# How much more to take



## NightEagle1981 (Feb 18, 2011)

It's been almost a month now since I've been able to talk to my wife. I'm going insane. I've got this no contact order for my court case not family court which say's no contact. I've been so tempted to just pick up the phone or send an email and if my wife didn't care I'd expect a knock on the door. I know she's got the papers and it's not what I want I only filed in the hopes of the 180. I may have things resolved on the 13th but I'm going crazy because her and I have never gone this long without speaking or contact what so ever. I know she is still not talking to anyone about it. I know her friend posted that dating sucks and my wife "better than divorce" I don't know how to take that comment. I know she's feeling that she may have second thoughts but I can't be sure. I've tried to occupy time but I'm running out of things to keep my time tied up.


----------



## Jellybeans (Mar 8, 2011)

Did she file a no contact order against you or the other way around?

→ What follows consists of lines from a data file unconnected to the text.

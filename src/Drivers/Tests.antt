-- ===== src/Drivers/Tests.antt =====
-- The theorems on kernel/src/drivers/driversys.c at a registry with no driver.
use freecore.Prelude.{ℕ, ◌≡◌, refl, arith, false, none, some, [], ◌∷◌, minus_one, ◌⊎◌}
use freecore.Memory.{Ptr, null}
use freecore.Drivers.Types.{Driver, unloaded, DriverOps, Registry}
use freecore.Drivers.Registry.{device_driver_register, device_driver_unregister}
use freecore.Drivers.Registry.Slots.{stands}
use freecore.Drivers.Registry.Register.{
  registered, IsEntered, IsTakenOut, device_driver_register-IsEntered,
  device_driver_unregister-IsTakenOut,
}

-- A driver whose `probe` fails.
abbrev failing : Ptr → DriverOps ℕ
failing ops = record {
  probe = some (λ p w. (minus_one, w));
  remove = none;
  suspend = none;
  resume = none;
}

abbrev disk : Driver
disk = record {
  name = some (100 ∷ []);
  device_class = 1;
  state = unloaded;
  ops = 7;
  private_data = null;
}

abbrev no_drivers : Registry ℕ
no_drivers = record {
  drivers = λ c i. null;
  driver_count = λ c. 0;
  world = record { drivers = λ p. disk; rest = 0 };
}

device_driver_register-IsEntered_example :
    IsEntered no_drivers 4 1 (device_driver_register failing 4 no_drivers)
device_driver_register-IsEntered_example =
    device_driver_register-IsEntered failing 4 no_drivers (λ e. omega arith) refl (omega arith)
      (omega arith)

device_driver_unregister-IsTakenOut_example :
    IsTakenOut no_drivers 4 1 (device_driver_unregister failing 4 no_drivers)
    ⊎ ((device_driver_unregister failing 4 no_drivers ≡ (minus_one, no_drivers))
        × (stands 4 (registered no_drivers 1) ≡ false))
device_driver_unregister-IsTakenOut_example =
    device_driver_unregister-IsTakenOut failing 4 no_drivers (λ e. omega arith) (omega arith)
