-- ===== src/Ext4.antt =====
-- kernel/src/fs/ext4/ext4.c and kernel/src/fs/ext4/ext4.h, the driver of the ext4 filesystem.
pub mod Layout
pub mod Device
pub mod Extents
pub mod Alloc
pub mod Files
pub mod Dirs
pub mod Nodes
pub mod Operations
pub mod Mount
pub mod Driver
mod Tests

If it's a legally binding thing, DO NOT CONTACT HER.


----------



## NightEagle1981 (Feb 18, 2011)

I'm bound by my criminal case for the no contact. Her TRO order was denied. I just want to be able to talk to her because it really hurts me. I know she needs her space hence why she's probably not talking to anyone. I know she has her divorce papers but she hasn't answered them despite having them for 5 day's. I dont want to have a divorce because I would like to work things out but I also want her to know that I'm not going to be a door mat anymore. Also that she will think "Wow he really filed and there's a chance I'm going to loose a lot more" I think that will get her to change.


----------



## Niceguy13 (Apr 7, 2011)

NE youmust not contact her
1) legally youarenot suppose to
2) you just filed papers on her, anything yousay or do right now besides take care of yourself is just going to turn her away. Giveher time to sit on the papers wait for no contact to expire its hard but that is really the onlyoption you have


----------



## NightEagle1981 (Feb 18, 2011)

Everyone said that filing the divorce was a good idea to show her that I wont be the door mat and to have her think about what she did. I really hope it doesn't back fire because I know she still loves me and I guess is ok with having no contact with me right now. I think my court case will be cleared up on Wed the 13th. We're supposed to go to court on the 18th for custody and what not. I think that a. she may realize what she has done and want to talk. B. May just say I want the divorce. I know she still loves me but not sure why she's not ready to talk to me it's been almost almost a month and we've never gone this long without seeing or talking to eachother


----------